Em “We Are Always Alone”, Portrayal of Guilt encontrou um novo nível de confiança para expressar a inutilidade da existência.
A voz de Matt King é um uivo demoníaco e um grasnido do inferno. O vocalista do quarteto de Austin, Portrayal of Guilt, soa como algo diferente de qualquer coisa. Ele surge como um fantasma vagando pelos pântanos varridos pelo vento na calada da noite e trazendo a ruína para tudo que toca. Se você ouvir “We Are Always Alone”, o segundo álbum da banda, sem poder ler as letras, então só poderá entender algumas palavras em meio às tempestades de guitarras irregulares e batidas turbulentas. Com base apenas no tom, você espera que King esteja cantando sobre castelos na névoa, sobre navios com velas negras, sobre a morte. E ele canta sobre a morte. Mas canta sobre a morte assim: “Meus olhos reviram, o terror começa, eu sigo a luz, não há nada no final”. “We Are Always Alone” é um álbum brutal, sangrento e envolvente. Tambores explodem como granadas. Guitarras retinem, guincham e latem. Zumbidos sinistros preenchem o espaço entre as músicas. King grita como se tivesse com um vidro alojado em sua garganta – então ele não consegue formar as palavras certas. As músicas são agressivas e convulsivas. Mas não são raivosas e não aborda uma fantasia poderosa.

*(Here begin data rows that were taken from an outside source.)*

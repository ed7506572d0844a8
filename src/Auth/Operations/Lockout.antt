-- ===== src/Auth/Operations/Lockout.antt =====
-- No sequence of operations of crates/server/src/auth/mod.rs locks the administrators out.
use vaylix.Prelude.{
  ◌≤◌, ◌≡◌, String, true, some, List, [], ◌∷◌, ok, str_eq_refl, eq_iff, Bool-cases, inl, inr, arith,
}
use vaylix.Table.{Table, lookup}
use vaylix.Table.Laws.{IsMap, lookup-IsFresh}
use vaylix.Auth.Grants.{Permission, Identity, has}
use vaylix.Auth.Store.{
  Secrets, UserRecord, AuthStore, is_admin, count_admins, verify, bootstrap_store, new_config,
}
use vaylix.Auth.Store.Stays.{
  create_user-Stays, alter_user_password-Stays, drop_user-Stays, create_role-Stays, drop_role-Stays,
  grant_role-Stays, revoke_role-Stays, grant_permission-Stays, revoke_permission-Stays, IsOpen,
  Stays,
}
use vaylix.Auth.Store.Verify.{verify-has}
use vaylix.Auth.Operations.{Operation, perform, run}

module _ (s : Secrets) (store : AuthStore) where
  perform-Stays : (operation : Operation) → Stays store (perform s operation store)
  unfolding perform
  perform-Stays (Operation.create_user name password) = create_user-Stays s store name password
  perform-Stays (Operation.alter_user_password name password) =
      alter_user_password-Stays s store name password
  perform-Stays (Operation.drop_user name) = drop_user-Stays s store name
  perform-Stays (Operation.create_role role) = create_role-Stays s store role
  perform-Stays (Operation.drop_role role) = drop_role-Stays s store role
  perform-Stays (Operation.grant_role role name) = grant_role-Stays s store role name
  perform-Stays (Operation.revoke_role role name) = revoke_role-Stays s store role name
  perform-Stays (Operation.grant_permission p pattern role) =
      grant_permission-Stays s store p pattern role
  perform-Stays (Operation.revoke_permission p pattern role) =
      revoke_permission-Stays s store p pattern role

pub run-IsOpen :
    (s : Secrets) (operations : List Operation) (store : AuthStore)
    → IsOpen store.stored
    → IsOpen (run s operations store).stored
unfolding run
run-IsOpen s [] store v = v
run-IsOpen s (o ∷ more) store v =
    run-IsOpen s more (perform s o store).1 ((perform-Stays s store o).stays v)

pub new_config-IsOpen :
    (s : Secrets) (name password : String) (store : AuthStore)
    → new_config s name password ≡ ok store
    → IsOpen store.stored
unfolding new_config bootstrap_store count_admins lookup
new_config-IsOpen s name password store h = record {
  users = ground arith;
  admins = ground arith;
  role = ground arith;
}

administrator :
    (users : Table UserRecord)
    → IsMap users
    → 1 ≤ count_admins users
    → (name : String) × (user : UserRecord) × (lookup name users ≡ some user)
      × (is_admin user ≡ true)
unfolding count_admins lookup
administrator [] m h = absurd (omega arith)
administrator ((name, user) ∷ users) m h = elim (Bool-cases (is_admin user)) [
  | inl e ↦ (name, user, ground (arith, str_eq_refl name), e)
  | inr n ↦
      let (other, u, found, e) = administrator users m.1 (ground (arith, n)) in
      (other, u, ground (arith, eq_iff name other, lookup-IsFresh name users), e)
]

-- An enabled administrator is left after every sequence of operations, failed ones included, on a
-- store that has one and whose admin role gives every permission.
pub run-administrator :
    (s : Secrets) (operations : List Operation) (store : AuthStore)
    → IsOpen store.stored
    → (name : String) × (user : UserRecord) × (lookup name (run s operations store).stored.users
        ≡ some user)
      × (is_admin user ≡ true)
run-administrator s operations store v =
    let after = run-IsOpen s operations store v in
    administrator (run s operations store).stored.users after.users after.admins

-- After every sequence of operations on such a store, an enabled administrator with the right
-- password is let in and has every permission.
pub verify-run :
    (s : Secrets) (operations : List Operation) (store : AuthStore) (name password : String)
    (user : UserRecord) (permission : Permission)
    → IsOpen store.stored
    → lookup name (run s operations store).stored.users ≡ some user
    → is_admin user ≡ true
    → s.password_matches user.password_hash password ≡ ok true
    → (identity : Identity) × (verify s (run s operations store) name password ≡ ok (some identity))
      × (has identity permission ≡ true)
verify-run s operations store name password user permission v =
    verify-has s (run s operations store) name password user permission
      (run-IsOpen s operations store v)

É música feita de um lugar entorpecido pela tristeza. O nome “portrayal of guilt” não é uma figura de linguagem. Ninguém escolheu porque é legal. É uma representação literal das coisas que Matt King fala aqui.

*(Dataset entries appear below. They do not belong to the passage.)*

-- ===== src/Engine.antt =====
-- The storage engine: crates/engine/src/engine and crates/engine/src/store/wal.rs.
pub mod Integer
pub mod Error
pub mod Store
pub mod State
pub mod Command
pub mod Wildcard
pub mod Scan
pub mod Transaction
pub mod Log
pub mod Batch
pub mod Direct
pub mod Follower
pub mod Recovery
pub mod Wal
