-- ===== src/Engine/Error.antt =====
-- crates/engine/src/error.rs: the errors that the modelled operations return. The text of a message
-- is replaced by the values that it is formatted from.
use vaylix.Prelude.{ℕ, String, List}

-- The messages of `InvalidStorageOperation`.
pub data StorageFault : Type 0 where
  -- "replication WAL sequence gap: expected …, got …"
  sequence_gap : ℕ → ℕ → StorageFault
  -- "non-monotonic in-memory WAL cache: previous …, got …"
  non_monotonic_cache : ℕ → ℕ → StorageFault
  -- "conflicting duplicate in-memory WAL entry at sequence …"
  conflicting_duplicate : ℕ → StorageFault
  -- "conflicting duplicate WAL identity at sequence …"
  conflicting_identity : ℕ → StorageFault
  -- "replication prefix … is older than snapshot baseline …"
  prefix_before_baseline : ℕ → ℕ → StorageFault
  -- "replication prefix gap: expected retained sequence …, got …"
  retained_gap : ℕ → ℕ → StorageFault
  -- "replication prefix gap: expected baseline …, got …"
  baseline_gap : ℕ → ℕ → StorageFault
  -- "replication replacement overlap missing retained sequence …"
  overlap_missing : ℕ → StorageFault
  -- "replication replacement overlap mismatch at sequence …"
  overlap_mismatch : ℕ → StorageFault
  -- "replication replacement gap: expected …, got …"
  replacement_gap : ℕ → ℕ → StorageFault
  -- "source and target data directories must differ"
  same_directories : StorageFault

-- The messages of `RestorePointUnavailable`.
pub data RestoreFault : Type 0 where
  -- "sequence … is older than snapshot baseline …"
  older_sequence : ℕ → ℕ → RestoreFault
  -- "timestamp … is older than snapshot baseline …"
  older_timestamp : ℕ → ℕ → RestoreFault
  -- "sequence … is outside retained WAL history"
  outside_history : ℕ → RestoreFault

-- The messages of `WalDeserialize`.
pub data WalFault : Type 0 where
  truncated_length truncated_checksum truncated_payload undecodable : WalFault
  -- "invalid WAL entry length …"
  invalid_length : ℕ → WalFault
  -- "ambiguous WAL layout: found … active segments"
  ambiguous_layout : ℕ → WalFault
  -- "sealed WAL segment is empty"
  sealed_empty : WalFault
  -- "segment start sequence mismatch for …", with the name of the file
  start_mismatch end_mismatch : ℕ → WalFault
  -- "non-contiguous WAL sequence: expected …, found …"
  non_contiguous : ℕ → ℕ → WalFault

pub data EngineError : Type 0 where
  io : EngineError
  wal_deserialize : WalFault → EngineError
  checksum_mismatch : EngineError
  unsupported_storage_format storage_migration_required : EngineError
  restore_point_unavailable : RestoreFault → EngineError
  -- "snapshot sequence … does not match manifest sequence …"
  manifest_deserialize : ℕ → ℕ → EngineError
  wal_serialize : EngineError
  invalid_storage_operation : StorageFault → EngineError
  -- the key, and the bytes that are no integer
  invalid_integer_value : String → List ℕ → EngineError
  numeric_overflow : String → EngineError
  unsupported_command : EngineError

Todo o LP é conceitual e aborda o arrependimento e isolamento. As palavras vêm da perspectiva de alguém que não pode esperar pelo abraço da morte, que vê a vida como nada além de uma série de cagadas: “Desesperado e com medo / Cheguei ao fundo, eu falhei com você”. É um dos álbuns mais sombrios que eu ouvi em muito tempo. Aqui está o retrato da culpa ao se preparar para o dia seguinte: “Pílula após pílula, eu me preparo para a manhã seguinte / Meu corpo se dobra, contorcendo-se de dor / Ninguém está aqui por mim”. Sobre religião: “Sua fé não pode te salvar / Suas orações, elas não significam nada”. Sobre esperar seus dias: “Este fardo de viver parece nunca ter fim”. E, embora a banda retrate a própria vida como uma provação quase insuportável, a morte também não soa tão bem: “Eu me perdi na solidão / O meu tempo é agora / No túmulo, meu corpo se molda”. Portrayal of Guilt tem lidado com esse tipo de peso emocional desde que os conhecemos, e seu álbum de estreia, “Let Pain Be Your Guide” (2018), não era exatamente uma leitura leve. Mas “We Are Always Alone” é mais profundo, mais nítido e desagradável, e é gravado com mais profundidade e intensidade. Não há conforto aqui. A coisa mais próxima da transcendência chega na penúltima faixa, “My Immolation”.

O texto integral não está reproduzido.